** Opening Information shown block **

-- ===== src/Codec/Deflate/Rounds/Body.antt =====
-- src/codec_deflate.c: the rounds of `deflate_process` in ST_BODY.
use zukomp.Base.{
  ℕ, ◌+◌, ◌≤◌, ◌<◌, ◌≡◌, refl, ◌∙◌, Bool, false, ◌&&◌, ◌==◌, if◌then◌else◌, List, length,
  length-take, length-write, drop, write, if_elim, if_split, arith,
}
use zukomp.Codec.Deflate.Rounds.{Good, byte_moved, stays_in, into-Sound, unmoved, rank_at}
use zukomp.Buffer.{
  bytes, Buffer, IsValid, Advances, Advances-trans, Advances-IsValid, consume-Advances,
  emit-Advances, avail_in, avail_out, peek, emit,
}
use zukomp.Codec.Miniz.{
  Code, mz_ok, mz_stream_end, mz_buf_error, mz_data_error, mz_mem_error, mz_param_error,
  mz_stream_error, mz_need_dict, mz_other, Engine, Turn, Bounded,
}
use zukomp.Codec.Deflate.{Deflate, body, trailer, done, trailer_bytes}
use zukomp.Codec.Deflate.Sound.{Sound, fits_done, fits_trailer, rank}
use zukomp.Codec.Deflate.{is_raw}
use zukomp.Codec.Deflate.Process.{turn, counted, moved, ended, carry_on, after_turn, in_body, offer}

offer_le : (n : ℕ) → offer n ≤ n
offer_le n = ground arith

peek_le : (b : Buffer) (n : ℕ) → length (peek b n) ≤ n
peek_le b n = omega (arith, length-take n (drop b.src_pos (bytes b.src)))

module _ {M : Type 0} (e : Engine M) (law : Bounded e) (s : Deflate M) (b : Buffer)
    (v : IsValid b) where
  -- A call stays within what is on offer.
  pub turn_used : (flush : ℕ) → (turn e flush s b).used ≤ avail_in b
  unfolding turn
  turn_used flush =
      let xs = peek b (offer (avail_in b)) in
      let le : length xs ≤ avail_in b =
        omega (arith, peek_le b (offer (avail_in b)), offer_le (avail_in b)) in
      if_elim (λ (t : Turn M). t.used ≤ avail_in b) s.encoder
        (omega (arith, law.deflate_used s.mz xs _ _)) (omega (arith, law.inflate_used s.mz xs _ _))

  pub turn_out : (flush : ℕ) → length (turn e flush s b).out ≤ avail_out b
  unfolding turn
  turn_out flush =
      let xs = peek b (offer (avail_in b)) in
      let room = offer (avail_out b) in
      let le : room ≤ avail_out b = offer_le (avail_out b) in
      if_elim (λ (t : Turn M). length t.out ≤ avail_out b) s.encoder
        (omega (arith, law.deflate_room s.mz xs room _))
        (omega (arith, law.inflate_room s.mz xs room _))

  pub moved-Advances :
      (t : Turn M) → t.used ≤ avail_in b → length t.out ≤ avail_out b → Advances b (moved e b t)
  moved-Advances t used out =
      let p = emit-Advances b t.out v out in
      Advances-trans p (consume-Advances (emit b t.out) t.used (Advances-IsValid v p) used)

  ended-Sound :
      (s' : Deflate M)
      → Sound s'
      → is_raw s'.wrap ≡ false
      → (tail : List ℕ) → length tail ≡ length s'.tail
      → Sound (record s' { tail = tail; tail_pos = 0; stage = trailer })
  ended-Sound s' k w tail len = record {
    fitting = fits_trailer s'.encoder s'.wrap w;
    hdr_is = k.hdr_is;
    hdr_in = k.hdr_in;
    hdr_room = k.hdr_room;
    tail_is = k.tail_is;
    tail_in = omega arith;
    tail_room = len ∙ k.tail_room;
  }

  length-new_tail :
      (s' : Deflate M) (tail : List ℕ)
      → length (if s'.encoder then write s'.tail 0 tail else s'.tail) ≡ length s'.tail
  length-new_tail s' tail =
      if_elim (λ (xs : List ℕ). length xs ≡ length s'.tail) s'.encoder (length-write s'.tail 0 tail)
        refl

  module _ (at : s.stage ≡ body) (s' : Deflate M) (b' : Buffer)
      (same : rank s'.stage s'.tail_pos ≡ 2) (keeps : Sound s → Sound s')
      (adv : Advances b b') where
    ended-Good : Good s b (ended e s' b')
    unfolding ended rank
    ended-Good =
        if_split (Good s b) (is_raw s'.wrap)
          (λ w. (adv, λ k. into-Sound s' done (fits_done s'.encoder s'.wrap) (keeps k)))
          (λ w. (
            adv,
            λ k. (
              ended-Sound s' (keeps k) w _
                  (length-new_tail s' (trailer_bytes s'.wrap s'.checksum s'.uncompressed)),
              stays_in s _ b b' (omega (arith, adv.src_le, adv.dst_le, adv.src_size, adv.dst_size))
                  (omega (arith, rank_at s body 2 at refl)),
            ),
          ))

    carry_on-Good :
        (flush room : ℕ) (still : Bool)
        → (still ≡ false → avail_in b' + avail_out b' < avail_in b + avail_out b)
        → Good s b (carry_on e flush room still s' b')
    unfolding carry_on
    carry_on-Good flush room still less =
        if_split (Good s b) still (λ _. (adv, keeps))
          (λ go. (adv, λ k. (keeps k, byte_moved s s' b b' (less go))))

    after_turn-Good :
        (flush room : ℕ) (still : Bool)
        → (still ≡ false → avail_in b' + avail_out b' < avail_in b + avail_out b)
        → (mz : Code) → Good s b (after_turn e flush room still s' b' mz)
    unfolding after_turn
    after_turn-Good flush room still less mz_ok = carry_on-Good flush room still less
    after_turn-Good flush room still less mz_stream_end = ended-Good
    after_turn-Good flush room still less mz_buf_error = carry_on-Good flush room still less
    after_turn-Good flush room still less mz_data_error = (adv, keeps)
    after_turn-Good flush room still less mz_mem_error = (adv, keeps)
    after_turn-Good flush room still less mz_param_error = (adv, keeps)
    after_turn-Good flush room still less mz_stream_error = (adv, keeps)
    after_turn-Good flush room still less mz_need_dict = (adv, keeps)
    after_turn-Good flush room still less mz_other = (adv, keeps)

  something_moved :
      (t : Turn M)
      → t.used ≤ avail_in b
      → length t.out ≤ avail_out b
      → (t.used == 0 && length t.out == 0) ≡ false
      → avail_in (moved e b t) + avail_out (moved e b t) < avail_in b + avail_out b
  something_moved t used out go = ground arith

  pub in_body-Good : s.stage ≡ body → (flush : ℕ) → Good s b (in_body e flush s b)
  unfolding in_body counted rank
  in_body-Good at flush =
      let t = turn e flush s b in
      let used = turn_used flush in
      let out = turn_out flush in
      if_elim (Good s b) (avail_out b == 0 && s.encoder) (unmoved s b v) (
        after_turn-Good at (counted e s b t) (moved e b t) (rank_at s body 2 at refl) (λ k. k)
          (moved-Advances t used out) flush (avail_out b) _ (something_moved t used out) t.result)
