-- ===== src/Codec/Deflate/Rounds/Trail.antt =====
-- src/codec_deflate.c: the rounds of `deflate_process` in ST_TRAILER.
use zukomp.Base.{
  ℕ, zero, suc, ◌≤◌, ◌<◌, ◌≡◌, refl, subst, true, false, not, ◌==◌, if◌then◌else◌, ltb, get_or,
  length-set, if_elim, if_split, arith,
}
use zukomp.Codec.Deflate.Rounds.{
  Good, measure, into, byte_moved, stays_in, into-Sound, tail_read, unmoved, rank_at,
}
use zukomp.Buffer.{
  byte_in, byte_out, next_byte, Buffer, IsValid, Advances-refl, avail_in, avail_out,
}
use zukomp.Types.{Status, ok, is}
use zukomp.Codec.Miniz.{Engine}
use zukomp.Codec.Deflate.{check_trailer, Deflate, Stage, trailer, member_end, done}
use zukomp.Codec.Deflate.Sound.{fits, Sound, fits_done, fits_member_end, rank}
use zukomp.Codec.Deflate.Process.{write_tail, read_tail, verified}

rank_pos : (p : ℕ) → 1 ≤ p → rank trailer p ≡ 5
unfolding rank
rank_pos zero h = absurd (omega arith)
rank_pos (suc p) h = refl

module _ {M : Type 0} (e : Engine M) (s : Deflate M) (b : Buffer) (v : IsValid b)
    (at : s.stage ≡ trailer) where
  write_tail-Good : Good s b (write_tail e s b)
  unfolding write_tail
  write_tail-Good =
      if_split (Good s b) (ltb s.tail_pos s.tail_len)
        (λ lt.
          if_split (Good s b) (avail_out b == 0) (λ full. unmoved s b v)
            (λ room.
              let out = byte_out b (get_or s.tail s.tail_pos 0) v room in
              (out.0, λ k. (tail_read s s.tail k lt refl, byte_moved s _ b _ out.1))))
        (λ over. (Advances-refl b v, λ k. into-Sound s done (fits_done s.encoder s.wrap) k))

  member_ended :
      s.encoder ≡ false
      → ltb s.tail_pos s.tail_len ≡ false
      → Sound s
      → Sound (into member_end s) × (measure (into member_end s) b < measure s b)
  unfolding rank
  member_ended d over k =
      let f =
        fits_member_end s.encoder s.wrap d
          (subst (λ (st : Stage). fits s.encoder s.wrap st ≡ true) at k.fitting) in
      let le : s.tail_len ≤ s.tail_pos = ground arith in
      (
        into-Sound s member_end f.0 k,
        stays_in s (into member_end s) b b (omega arith) (
            omega (
              arith,
              rank_at s trailer 5 at (rank_pos s.tail_pos (omega (arith, k.tail_is, f.1))),
            )),
      )

  verified-Good :
      s.encoder ≡ false
      → ltb s.tail_pos s.tail_len ≡ false
      → (st : Status) → Good s b (verified e s b st)
  unfolding verified
  verified-Good d over st =
      if_elim (Good s b) (not (is st ok)) (unmoved s b v) (Advances-refl b v, member_ended d over)

  read_tail-Good : s.encoder ≡ false → (flush : ℕ) → Good s b (read_tail e flush s b)
  unfolding read_tail
  read_tail-Good d flush =
      if_split (Good s b) (ltb s.tail_pos s.tail_len)
        (λ lt.
          if_split (Good s b) (avail_in b == 0) (λ dry. unmoved s b v)
            (λ more. (
              (byte_in b v more).0,
              λ k. (
                tail_read s _ k lt (length-set s.tail s.tail_pos (next_byte b)),
                byte_moved s _ b _ (byte_in b v more).1,
              ),
            )))
        (λ over. verified-Good d over (check_trailer s.wrap s.tail s.checksum s.uncompressed))

  pub in_trailer-Good :
      (flush : ℕ) → Good s b (if s.encoder then write_tail e s b else read_tail e flush s b)
  in_trailer-Good flush =
      if_split (Good s b) s.encoder (λ _. write_tail-Good) (λ d. read_tail-Good d flush)
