-- ===== src/Codec/Deflate/Rounds/Member.antt =====
-- src/codec_deflate.c: the rounds of `deflate_process` in ST_MEMBER_END.
use zukomp.Base.{
  ℕ, ◌≤◌, ◌<◌, ◌≡◌, refl, Bool, true, false, not, ◌&&◌, ◌||◌, ◌==◌, leb, if_elim, if_split, arith,
}
use zukomp.Codec.Deflate.Rounds.{Good, measure, stays_in, into-Sound, unmoved, rank_at}
use zukomp.Buffer.{byte_in, next_byte, Buffer, IsValid, Advances-refl, avail_in, consume}
use zukomp.Types.{Status, ok, is, zu_finish, level_default}
use zukomp.Gzip.{Header, header_feed}
use zukomp.Codec.Miniz.{Engine, Bounded}
use zukomp.Codec.Deflate.{Deflate, member_end, done}
use zukomp.Codec.Deflate.Life.{deflate_reset}
use zukomp.Codec.Deflate.Sound.{Sound, fits_done, rank, deflate_reset-Sound, deflate_reset-rank}
use zukomp.Codec.Deflate.Process.{
  no_more, next_member, probe, refed, held_over, probe_held, concat, at_member_end, stop,
}

module _ {M : Type 0} (e : Engine M) (law : Bounded e) (s : Deflate M) (b : Buffer) (v : IsValid b)
    (at : s.stage ≡ member_end) where
  stop-Good : Good s b (stop e s b)
  stop-Good = (Advances-refl b v, λ k. into-Sound s done (fits_done s.encoder s.wrap) k)

  starts_lower : (s' : Deflate M) → rank s'.stage s'.tail_pos ≤ 3 → measure s' b < measure s b
  unfolding rank
  starts_lower s' fresh =
      stays_in s s' b b (omega arith) (omega (arith, rank_at s member_end 4 at refl))

  -- What a reset gives, over the cursors as they stand.
  module _ (r : Status × Deflate M) (keeps : Sound s → Sound r.1)
      (fresh : is r.0 ok ≡ true → rank r.1.stage r.1.tail_pos ≤ 3) where
    next_member-Good : Good s b (next_member e b r)
    unfolding next_member
    next_member-Good =
        if_split (Good s b) (not (is r.0 ok)) (λ _. (Advances-refl b v, keeps))
          (λ good. (Advances-refl b v, λ k. (keeps k, starts_lower r.1 (fresh (ground arith)))))

    refed-Good :
        (h : Status × Header × Bool)
        → is r.0 ok ≡ true
        → Good s b (refed e b (record r.1 { probe_magic = false }) h)
    unfolding refed
    refed-Good (st, h, whole) good =
        if_elim (Good s b) (not (is st ok)) (Advances-refl b v, keeps)
          (Advances-refl b v, λ k. (keeps k, starts_lower _ (fresh good)))

    held_over-Good : Good s b (held_over e b r)
    unfolding held_over
    held_over-Good =
        if_split (Good s b) (not (is r.0 ok)) (λ _. (Advances-refl b v, keeps))
          (λ good. refed-Good (header_feed e.crc32 r.1.gz 0x1f) (ground arith))

  module _ (more : avail_in b == 0 ≡ false) (decodes : s.encoder ≡ false) where
    probe-Good : (flush : ℕ) → Good s b (probe e flush s b)
    unfolding probe
    probe-Good flush = if_elim (Good s b) (not (next_byte b == 0x1f)) stop-Good (
        if_elim (Good s b) (leb 2 (avail_in b))
          (if_elim (Good s b) (not (next_byte (consume b 1) == 0x8b)) stop-Good (
            next_member-Good (deflate_reset e s level_default)
              (deflate_reset-Sound e s level_default) (deflate_reset-rank e s law decodes)))
          (if_split (Good s b) (flush == zu_finish) (λ _. stop-Good)
            (λ _. ((byte_in b v more).0, λ k. k))))

    probe_held-Good : Good s b (probe_held e s b)
    unfolding probe_held
    probe_held-Good = if_elim (Good s b) (not (next_byte b == 0x8b)) stop-Good (
        held_over-Good (deflate_reset e s level_default) (deflate_reset-Sound e s level_default)
          (deflate_reset-rank e s law decodes))

  no_more-Good : Good s b (no_more e s b)
  unfolding no_more
  no_more-Good = (Advances-refl b v, λ k. into-Sound s done (fits_done s.encoder s.wrap) k)

  concat_decodes : concat e s ≡ true → s.encoder ≡ false
  unfolding concat
  concat_decodes h = ground arith

  pub at_member_end-Good : (flush : ℕ) → Good s b (at_member_end e flush s b)
  unfolding at_member_end
  at_member_end-Good flush =
      if_split (Good s b) (not (concat e s) || avail_in b == 0)
        (λ _.
          if_elim (Good s b)
            (avail_in b == 0 && not s.encoder && concat e s && not (flush == zu_finish))
            (unmoved s b v) no_more-Good)
        (λ on.
          let more : avail_in b == 0 ≡ false = ground arith in
          let decodes = concat_decodes (ground arith) in
          if_elim (Good s b) (not s.probe_magic) (probe-Good more decodes flush)
            (probe_held-Good more decodes))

** Closing Information shown block **

The required answer is the exact run of lines above starting at the line with "s'.wrap ≡ false" and ending at the line with "length-new_tail s' tail", with both ends present.

      → is_raw s'.wrap ≡ false
      → (tail : List ℕ) → length tail ≡ length s'.tail
      → Sound (record s' { tail = tail; tail_pos = 0; stage = trailer })
  ended-Sound s' k w tail len = record {
    fitting = fits_trailer s'.encoder s'.wrap w;
    hdr_is = k.hdr_is;
    hdr_in = k.hdr_in;
    hdr_room = k.hdr_room;
    tail_is = k.tail_is;
    tail_in = omega arith;
    tail_room = len ∙ k.tail_room;
  }

  length-new_tail :
      (s' : Deflate M) (tail : List ℕ)
      → length (if s'.encoder then write s'.tail 0 tail else s'.tail) ≡ length s'.tail
  length-new_tail s' tail =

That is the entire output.